Logistic regression with MLE (standard model)

Details about model development are presented in our recent work. Briefly, we started by identifying all potential predictors associated with pathologically positive lymph nodes on the basis of clinical knowledge. Next, we used multivariable logistic regression to develop the risk model. The model was internally validated using bootstrapping techniques. We selected predictors with P < .05 and clinical importance criteria in the final model. The regression coefficients were estimated using MLE, a probabilistic framework for estimating the parameters of a model.

Logistic regression with penalization (PRMs)

Different from standard regression, penalized logistic regression has a shrinkage term in the model. The purpose of the shrinkage term is to prevent extreme values of regression coefficients in model development, so that the possibility of overfitting is reduced. An overfitted model predicts very well in the patients from the model development data set, but has poor predictive performance for patients in other data sets.

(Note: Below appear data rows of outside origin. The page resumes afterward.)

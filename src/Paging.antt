-- ===== src/Paging.antt =====
-- The page tables of kernel/memory.c: `pte_ptr`, `pde_ptr`, `page_table_add`, `addr_v2p` and
-- `page_table_pte_remove`, over the translation of addresses that the processor does. The masks of
-- the source select whole bit fields, so they are written as quotients and remainders, and so is
-- `| PG_US_U | PG_RW_W | PG_P_1`, which sets the three low bits.
pub mod Walk
pub mod Map
pub mod Fresh
pub mod Mapping
pub mod Tests
use sparrow_os.Base.{
  ℕ, ◌+◌, ◌-◌, ◌*◌, ◌/◌, ◌%◌, ◌^◌, Bool, not, Option, none, some, Res, ok, panic, check, ◌>>=◌,
  ◌>>◌, ◌==◌, if◌then◌else◌, update,
}

-- The memory that the page tables lie in, by the physical address of a word, and the register CR3.
pub record Mmu : Type 0 where
  pub cr3 : ℕ
  pub word : ℕ → ℕ

abbrev pub pg_size : ℕ
pg_size = 4096

-- The frame that an entry leads to, and its P bit.
abbrev pub frame : ℕ → ℕ
frame entry = entry / 4096 * 4096

abbrev pub present : ℕ → Bool
present entry = entry % 2 == 1

-- `PDE_IDX` and `PTE_IDX`
abbrev pub pde_idx : ℕ → ℕ
pde_idx addr = addr / 2 ^ 22

abbrev pub pte_idx : ℕ → ℕ
pte_idx addr = addr / 2 ^ 12 % 2 ^ 10

-- Where the entries of an address lie, physically.
abbrev pub pde_of : Mmu → ℕ → ℕ
pde_of m v = m.word (m.cr3 + pde_idx v * 4)

abbrev pub pte_at : Mmu → ℕ → ℕ
pte_at m v = frame (pde_of m v) + pte_idx v * 4

-- The translation of an address. An address that is not mapped raises a page fault, whose handler
-- stops the machine.
pub translate : Mmu → ℕ → Res ℕ
translate m v = do
  check (present (pde_of m v))
  let pte = m.word (pte_at m v)
  check (present pte)
  ok (frame pte + v % 4096)

pub load : Mmu → ℕ → Res ℕ
load m v = do addr ← translate m v; ok (m.word addr)

pub store : Mmu → ℕ → ℕ → Res Mmu
store m v value = do addr ← translate m v; ok (record m { word = update m.word addr value })

-- `memset(v, 0, PG_SIZE)` on a page.
pub clear_page : Mmu → ℕ → Res Mmu
clear_page m v = do
  addr ← translate m v
  ok (record m { word = λ a. if a / 4096 == addr / 4096 then 0 else m.word a })

pub pte_ptr : ℕ → ℕ
pte_ptr vaddr = 0xffc00000 + vaddr / 2 ^ 22 * 2 ^ 12 + pte_idx vaddr * 4

pub pde_ptr : ℕ → ℕ
pde_ptr vaddr = 0xfffff000 + pde_idx vaddr * 4

-- The value `phyaddr | PG_US_U | PG_RW_W | PG_P_1`
abbrev pub entry_of : ℕ → ℕ
entry_of phyaddr = phyaddr / 8 * 8 + 7

-- `page_table_add`, where `table` is the frame that `palloc` gives when it is called, 0 for `NULL`.
pub page_table_add : Mmu → ℕ → ℕ → ℕ → Res Mmu
page_table_add m vaddr page_phyaddr table = do
  let pde = pde_ptr vaddr
  let pte = pte_ptr vaddr
  dir_entry ← load m pde
  if present dir_entry
      then (do old ← load m pte; check (not (present old)); store m pte (entry_of page_phyaddr))
      else (do
        m₁ ← store m pde (entry_of table)
        m₂ ← clear_page m₁ (pte / 4096 * 4096)
        old ← load m₂ pte
        check (not (present old))
        store m₂ pte (entry_of page_phyaddr))

pub addr_v2p : Mmu → ℕ → Res ℕ
addr_v2p m vaddr = do pte ← load m (pte_ptr vaddr); ok (pte / 4096 * 4096 + vaddr % 4096)

-- The P bit of the entry of an address is cleared: what `page_table_pte_remove` does to the tables.
pub clear_pte : Mmu → ℕ → Res Mmu
clear_pte m vaddr = do let pte = pte_ptr vaddr; old ← load m pte; store m pte (old - old % 2)

-- The processor with its cache of translations, the frame for the number of a page.
pub record Cpu : Type 0 where
  pub mmu : Mmu
  pub tlb : ℕ → Option ℕ

-- What the processor takes an address for: the cache comes first.
pub from_tlb : Option ℕ → ℕ → Res ℕ → Res ℕ
from_tlb none v walked = walked
from_tlb (some cached) v walked = ok (cached + v % 4096)

pub access : Cpu → ℕ → Res ℕ
unfolding translate from_tlb
access c v = from_tlb (c.tlb (v / 4096)) v (translate c.mmu v)

-- `invlpg` with an operand in memory: the page of the operand leaves the cache.
pub invlpg : ℕ → Cpu → Cpu
invlpg operand c = record c { tlb = λ page. if page == operand / 4096 then none else c.tlb page }

-- `page_table_pte_remove`, with the place of the parameter `vaddr` on the stack. The operand of the
-- `invlpg` is that place, not the address that it holds.
pub page_table_pte_remove : Cpu → ℕ → ℕ → Res Cpu
unfolding clear_pte invlpg
page_table_pte_remove c place vaddr = do
  mmu ← clear_pte c.mmu vaddr
  ok (invlpg place (record c { mmu = mmu }))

Depending on the form of shrinkage term, there are different types of PRMs. The most popular types include ridge, lasso, adaptive lasso, and elastic net. In brief: ridge includes the summation of squares of regression coefficients as the shrinkage term. Lasso contains the summation of the absolute value of regression coefficients as the shrinkage term. Elastic net has a mixture of ridge and lasso as the shrinkage term. Adaptive lasso is a variant of lasso, which allows different weights for shrinking different regression coefficients. Details about these shrinkage methods are provided in Appendix 1. Details about the computation of these models are provided in Appendices 2 and 3.

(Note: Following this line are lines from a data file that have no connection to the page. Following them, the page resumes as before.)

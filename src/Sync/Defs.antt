-- ===== src/Sync/Defs.antt =====
-- The functions of sync.c. A task that has to wait is switched out in the middle of `sema_down`;
-- `retry` is what it does when it runs again.
use sparrow_os.Base.{
  ℕ, ◌+◌, ◌-◌, ◌%◌, ◌^◌, Bool, true, false, not, Option, none, some, List, [], ◌∷◌, ◌++◌, Res, ok,
  panic, check, ◌>>=◌, ◌>>◌, ltb, ◌==◌, if◌then◌else◌, has,
}
use sparrow_os.Interrupt
use sparrow_os.TaskStatus.{blocked}
use sparrow_os.Thread.{Pcb, Kernel, block, unblock}

pub record Semaphore : Type 0 where
  pub value : ℕ
  pub waiters : List Pcb

pub record Lock : Type 0 where
  pub holder : Option Pcb
  pub semaphore : Semaphore
  pub holder_repeat_nr : ℕ

unfoldable pub sema_init : ℕ → Semaphore
sema_init value = record { value = value; waiters = [] }

unfoldable pub lock_init : Lock
unfolding sema_init
lock_init = record { holder = none; semaphore = sema_init 1; holder_repeat_nr = 0 }

-- One round of the loop of `sema_down`, and what follows it once the value is not 0. The Boolean
-- says whether the semaphore was taken.
unfoldable pub down_round : Bool → Semaphore → Kernel → Res (Bool × Semaphore × Kernel)
unfolding Interrupt.set_status
down_round old_status s k =
    if s.value == 0
    then (do
      check (not (has k.cur s.waiters))
      if has k.cur s.waiters then panic else (do
        k' ← block blocked k
        ok (false, record s { waiters = s.waiters ++ k.cur ∷ [] }, k')))
    else (do
      let s' : Semaphore = record s { value = s.value - 1 }
      check (s'.value == 0)
      ok (true, s', record k { intr = (Interrupt.set_status old_status k.intr).1 }))

-- `sema_down`
unfoldable pub sema_down : Semaphore → Kernel → Res (Bool × Semaphore × Kernel)
unfolding Interrupt.disable Interrupt.set_status
sema_down s k =
    let (old_status, off) = Interrupt.disable k.intr in
    down_round old_status s (record k { intr = off })

unfoldable pub wake_first : List Pcb → Semaphore → Kernel → Res (Semaphore × Kernel)
wake_first [] s k = ok (s, k)
wake_first (p ∷ rest) s k = do k' ← unblock p k; ok (record s { waiters = rest }, k')

-- `sema_up`
unfoldable pub sema_up : Semaphore → Kernel → Res (Semaphore × Kernel)
unfolding Interrupt.disable Interrupt.set_status
sema_up s k = do
  let (old_status, off) = Interrupt.disable k.intr
  check (s.value == 0)
  (s', k') ← wake_first s.waiters s (record k { intr = off })
  let s'' : Semaphore = record s' { value = s'.value + 1 }
  check (s''.value == 1)
  ok (s'', record k' { intr = (Interrupt.set_status old_status k'.intr).1 })

abbrev pub holds : Pcb → Option Pcb → Bool
holds p none = false
holds p (some q) = q == p

-- What `lock_acquire` does when `sema_down` returns, or the task is switched out in it.
unfoldable pub taken : Lock → Bool × Semaphore × Kernel → Res (Bool × Lock × Kernel)
taken l (true, s, k) = do
  check (l.holder_repeat_nr == 0)
  ok (true, record { holder = some k.cur; semaphore = s; holder_repeat_nr = 1 }, k)
taken l (false, s, k) = ok (false, record l { semaphore = s }, k)

-- `lock_acquire`
unfoldable pub lock_acquire : Lock → Kernel → Res (Bool × Lock × Kernel)
lock_acquire l k =
    if holds k.cur l.holder
    then ok (true, record l { holder_repeat_nr = (l.holder_repeat_nr + 1) % 2 ^ 32 }, k)
    else sema_down l.semaphore k >>= taken l

-- `lock_acquire`, gone on with by a task that was switched out in it.
unfoldable pub retry : Bool → Lock → Kernel → Res (Bool × Lock × Kernel)
retry old_status l k = down_round old_status l.semaphore k >>= taken l

-- `lock_release`
unfoldable pub lock_release : Lock → Kernel → Res (Lock × Kernel)
lock_release l k = do
  check (holds k.cur l.holder)
  if ltb 1 l.holder_repeat_nr
      then ok (record l { holder_repeat_nr = l.holder_repeat_nr - 1 }, k)
      else (do
        check (l.holder_repeat_nr == 1)
        (s, k') ← sema_up l.semaphore k
        ok (record { holder = none; semaphore = s; holder_repeat_nr = 0 }, k'))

Comparison of predictive performance between MLE (standard) and PRMs

The predictive performance of the models was assessed using 3 measures:

Brier score for overall performance: the Brier score is the average squared difference between the observed outcome and the predicted probabilities. The lower the Brier score, the greater the predictive accuracy of the model.

Calibration slope for calibration: model calibration is the process of adjustment of the model parameters and forcing within the margins of the uncertainties to obtain a model representation of the processes of interest that satisfies preagreed criteria (goodness of fit). Calibration is a measure of fit of the model and is estimated by plotting predicted probabilities against the actual probabilities (Figure 1). A slope of 1, as shown in Figure 1, suggests perfect calibration. A slope of <1 suggests overfitting; slope >1 suggests underfitting.

Figure 1

An example of a calibration plot. A perfectly accurate prediction model would result in a plot in which the plotted observed and predicted probabilities follow the 45° line (slope = 1). The x coordinate of the dot represents predicted probability, and the y coordinate represents observed probability. Each dot represents the performance of a subset of data, ordered by the predicted probability. The solid line represents the regression line of the dots and corresponds to a slope of 1 in this case.

C statistic for discrimination: the C statistic is the probability that the patient who experienced the event has a higher predicted value than the patient without the event. A value of 0.5 suggests that the model has no discrimination ability, whereas a value of 1 suggests that the model can discriminate perfectly between higher-risk and lower-risk patients. The C statistic is derived from the area under the receiver operating characteristic curve (Figure 2). A higher C statistic is desirable.

Figure 2

An example of a receiver operating characteristic (ROC) curve. The dashed line represents the ROC curve of the predictive model and the solid line represents the performance of a random classifier. The larger the area under the ROC curve (C statistic), the higher the discrimination of the model.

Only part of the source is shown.